Also den Sub am Hörplatz positionieren (auf Ohrhöhe, nicht am Boden!!) und dann eine Stelle im Raum suchen (am Boden, da wo der Sub dann stehen soll) an der man einen sauberen kräftigen Bass hört. Mit etwas Glück passt es dann auch am Hörplatz. Der Abhörraum wird aber immer dafür sorgen das bestimmte Frequenzen zu laut und andere zu leise wiedergegeben werden. Das lässt sich nur durch einen sehr großen technischen Aufwand ändern.


----------



## je86 (7. Oktober 2009)

Ich habe diese Einstellungen und habe einen sehr guten Bass!

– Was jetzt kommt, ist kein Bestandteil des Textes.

-- ===== src/Controllers/Regional/Results.antt =====
-- pdsno/controllers/regional_controller.py: the results of executions, and the failures to dispatch one.
use partially_distributed_sm.Common.{
  Bool, Dict, List, Option, String, [], false, if◌then◌else◌, is_text, lookup, nat_eq, non_empty,
  none, some, string_eq, true, upper, ℕ, ◌+◌, ◌||◌, ◌∷◌,
}
use partially_distributed_sm.Platform.{Fields, Platform}
use partially_distributed_sm.Controllers.Holding.{set_config_status}
use partially_distributed_sm.Controllers.Regional.{
  RegionalController, engine_of, put_engine, release_proposal_lock,
}
use partially_distributed_sm.Nib.Store.{NibStore}
use partially_distributed_sm.Nib.Events.{write_event}
use partially_distributed_sm.Config.Approval.Engine.{ConfigData, set_execution_result}
use partially_distributed_sm.Nib.Models.{ConfigStatus, Event, Reply, result, integrity_error}

-- `payload.get("status") or "FAILED"`
abbrev pub status_in : Dict String String → String
status_in d = elim (lookup "status" d) [
  | none ↦ "FAILED"
  | some s ↦ if non_empty s then s else "FAILED"
]

-- `mapped_status`, by the code points of an upper-cased status
abbrev pub mapped_status : List ℕ → ConfigStatus
mapped_status s =
    if is_text "EXECUTED" s
    then ConfigStatus.executed
    else if is_text "ROLLED_BACK" s
    then ConfigStatus.rolled_back
    else if is_text "DEGRADED" s
    then ConfigStatus.degraded
    else ConfigStatus.failed

unfoldable pub is_terminal_execution_status : List ℕ → Bool
is_terminal_execution_status s =
    is_text "EXECUTED" s
    || is_text "FAILED" s
    || is_text "ROLLED_BACK" s
    || is_text "DEGRADED" s
    || is_text "ERROR" s
    || is_text "SUCCESS" s

-- The dictionary, as the details of an event; an entry that is `None` is no entry of it.
abbrev pub as_fields : Dict String String → Fields
as_fields [] = []
as_fields ((k, v) ∷ d) = (k, some v) ∷ as_fields d

abbrev pub set_nib : NibStore ConfigData → RegionalController → RegionalController
set_nib nib c = record c { nib = nib }

abbrev pub set_status_of :
    String
    → ConfigStatus
    → Option String
    → Option String
    → Option ℕ
    → ℕ
    → RegionalController
    → RegionalController
set_status_of id status approver token expiry now c =
    set_nib (set_config_status id status approver token expiry now c.nib) c

module _ (p : Platform) (event_key : List ℕ) where
  abbrev pub result_event : String → String → String → Dict String String → ℕ → Event
  result_event event_id sender id fields now = record {
    event_id = event_id;
    event_type = "EXECUTION";
    actor = sender;
    timestamp = now;
    action = "Execution result received by Regional Controller";
    subject = some id;
    decision = some (p.upper_text (status_in fields));
    payload_ref = none;
    notes = none;
    signature = none;
    details = as_fields fields;
  }

  -- An event id that is taken raises, before the lock is released.
  abbrev pub on_logged :
      NibStore ConfigData × Reply → String → List ℕ → RegionalController → RegionalController × Bool
  on_logged (nib, integrity_error) id status c = (set_nib nib c, false)
  on_logged (nib, result r) id status c = (
    if is_terminal_execution_status status
        then release_proposal_lock id (set_nib nib c)
        else set_nib nib c,
    true,
  )

  abbrev pub record_result :
      String
      → String
      → Dict String String
      → String
      → (ℕ → ℕ)
      → RegionalController
      → RegionalController × Bool
  record_result id sender fields event_id now c =
      let c₁ = put_engine (set_execution_result p id fields now (engine_of c)).0 c in
      let c₂ =
        set_status_of id (mapped_status (upper (status_in fields))) none none none (now 2) c₁ in
      on_logged (write_event p event_key (result_event event_id sender id fields (now 3)) "" c₂.nib)
        id (upper (status_in fields)) c₂

  -- The acknowledgement is not read by anyone; `false` is an exception.
  unfoldable pub handle_execution_result :
      String
      → Dict String String
      → String
      → (ℕ → ℕ)
      → RegionalController
      → RegionalController × Bool
  handle_execution_result sender fields event_id now c = elim (lookup "proposal_id" fields) [
    | none ↦ (c, true)
    | some id ↦ if non_empty id then record_result id sender fields event_id now c else (c, true)
  ]

  unfoldable pub record_dispatch_failure :
      String → String → (ℕ → ℕ) → RegionalController → RegionalController
  record_dispatch_failure id reason now c =
      let failure =
        ("status", "FAILED")
        ∷ ("reason", reason)
        ∷ ("executor", c.controller_id)
        ∷ ("timestamp", p.isoformat (now 0))
        ∷ [] in
      let c₁ =
        put_engine (set_execution_result p id failure (λ n. now (n + 1)) (engine_of c)).0 c in
      release_proposal_lock id (set_status_of id ConfigStatus.failed none none none (now 3) c₁)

http://www.abload.de/img/1w48m.jpg


			Dieser Inhalt steht nur eingeloggten Mitgliedern zur Verfügung.
        






			Dieser Inhalt steht nur eingeloggten Mitgliedern zur Verfügung.
        



 Mehr als 2-3 Striche auf der Logitechanzeige führen dazu, dass meine Nachbarn auf der Matte stehen... überprüf nochmal deine Einstellungen im Creative Treiber!


----------



## Gast12348 (7. Oktober 2009)

faibel schrieb:


> Ein Subwoofer muss für tiefe Frequenzen nicht weit weg stehen, das ist Unsinn. Den erzeugten Schall kannst du sogar schon 10cm vor der Membran messen. Das man den Sub im Raum verschieben muss um ein (semi)optimales Ergebnis zu erhalten liegt an den sog. Raummoden. Das sind stehende Wellen die an bestimmten Stellen im Raum den Bass stark aufdicken (Schallschnelle) oder sogar an anderer Position kpl. wegfallen lassen. Es kann sogar sehr negativ sein wenn der Sub zu weit weg steht. Wenn dieser durch die Filterfunktion eh schon hinterherhinkt wird das durch die Laufzeitunterschiede auch nicht besser.
> Also den Sub am Hörplatz positionieren (auf Ohrhöhe, nicht am Boden!!) und dann eine Stelle im Raum suchen (am Boden, da wo der Sub dann stehen soll) an der man einen sauberen kräftigen Bass hört. Mit etwas Glück passt es dann auch am Hörplatz. Der Abhörraum wird aber immer dafür sorgen das bestimmte Frequenzen zu laut und andere zu leise wiedergegeben werden. Das lässt sich nur durch einen sehr großen technischen Aufwand ändern.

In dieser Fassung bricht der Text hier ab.